◆ **How to complete this task**
Reproduce exactly the lines below from the one containing "ask link reply s = let" through the one containing "unfolding send ask", including both, and nothing else.

==== Input

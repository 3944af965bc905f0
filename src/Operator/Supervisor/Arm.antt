-- ===== src/Operator/Supervisor/Arm.antt =====
-- native_stack/tools/vla_operator.py: `Supervisor.arm`, with the `arm` of the `Client` in
-- native_stack/tools/client.py that it calls.
use kaivuriprokkis.Prelude.{Bool, Option, none, some, List, [], ◌∷◌, replicate, if◌then◌else◌}
use kaivuriprokkis.Prelude.Int.{pos}
use kaivuriprokkis.Float.{Float}
use kaivuriprokkis.Operator.Supervisor.{Message, drive, status, Supervisor, send}

-- The `state` of an answer that is told apart
pub data DriveState : Type 0 where
  disarmed armed fault another : DriveState

-- A pass of the loop of `Client.arm`: the clock of its test, whether the two packets go out, and the
-- answer, or none when it raises.
pub record Attempt (F : Type 0) : Type 0 where
  pub clock : F
  pub link : Bool
  pub status_link : Bool
  pub reply : Option DriveState

-- How the call ends; `waiting` is a loop that has not left yet.
pub data Ending : Type 0 where
  returned not_disarmed faulted timed_out failed waiting : Ending

module _ {F : Type 0} where
  -- `Client.status`: the answer, where the request went out
  unfoldable pub ask : Bool → Option DriveState → Supervisor F → Supervisor F × Option DriveState
  unfolding send
  ask link reply s = let (s', ok) = send link status s in if ok then (s', reply) else (s', none)

module _ {F : Type 0} ⦃fl : Float F⦄ where
  -- [(0,) * 6] with DEADMAN | ARM | (PUMP if pump else 0)
  abbrev pub arming : Bool → Message F
  arming pump =
      drive (replicate 6 (fl.lit (pos 0) 0) ∷ []) (if pump then 7 else 3) (fl.lit (pos 30) 0)
        (pos 0) (pos 0)

  -- What a pass does with its answer, and the passes after it
  abbrev pub answered :
      Option DriveState → Supervisor F × Ending → Supervisor F → Supervisor F × Ending
  answered none rest s = (s, failed)
  answered (some armed) rest s = (s, returned)
  answered (some fault) rest s = (s, faulted)
  answered (some disarmed) rest s = rest
  answered (some another) rest s = rest

  -- The loop of `Client.arm`
  unfoldable pub attempts : Bool → F → List (Attempt F) → Supervisor F → Supervisor F × Ending
  unfolding send ask
  attempts pump deadline [] s = (s, waiting)
  attempts pump deadline (a ∷ more) s =
      let (s1, ok) = send a.link (arming pump) s in
      let (s2, reply) = ask a.status_link a.reply s1 in
      let rest = attempts pump deadline more s2 in
      if fl.lt a.clock deadline
      then (if ok then answered reply rest s2 else (s1, failed))
      else (s, timed_out)

  -- What `Supervisor.arm` does with the answer to its request, and `Client.arm` after it
  abbrev pub begun :
      Option DriveState → Supervisor F × Ending → Supervisor F → Supervisor F × Ending
  begun none after s = (s, failed)
  begun (some disarmed) after s = after
  begun (some armed) after s = (s, not_disarmed)
  begun (some fault) after s = (s, not_disarmed)
  begun (some another) after s = (s, not_disarmed)

  -- `clock` is the time when `Client.arm` is entered, `reply` the answer to the first request.
  unfoldable pub arm :
      Bool → Option DriveState → F → List (Attempt F) → Supervisor F → Supervisor F × Ending
  unfolding ask attempts
  arm link reply clock tries s =
      let (s', first) = ask link reply s in
      let after = attempts s.pump (fl.add clock (fl.lit (pos 2) 0)) tries s' in begun first after s'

========

◆ **Reply**
  ask link reply s = let (s', ok) = send link status s in if ok then (s', reply) else (s', none)

module _ {F : Type 0} ⦃fl : Float F⦄ where
  -- [(0,) * 6] with DEADMAN | ARM | (PUMP if pump else 0)
  abbrev pub arming : Bool → Message F
  arming pump =
      drive (replicate 6 (fl.lit (pos 0) 0) ∷ []) (if pump then 7 else 3) (fl.lit (pos 30) 0)
        (pos 0) (pos 0)

  -- What a pass does with its answer, and the passes after it
  abbrev pub answered :
      Option DriveState → Supervisor F × Ending → Supervisor F → Supervisor F × Ending
  answered none rest s = (s, failed)
  answered (some armed) rest s = (s, returned)
  answered (some fault) rest s = (s, faulted)
  answered (some disarmed) rest s = rest
  answered (some another) rest s = rest

  -- The loop of `Client.arm`
  unfoldable pub attempts : Bool → F → List (Attempt F) → Supervisor F → Supervisor F × Ending
  unfolding send ask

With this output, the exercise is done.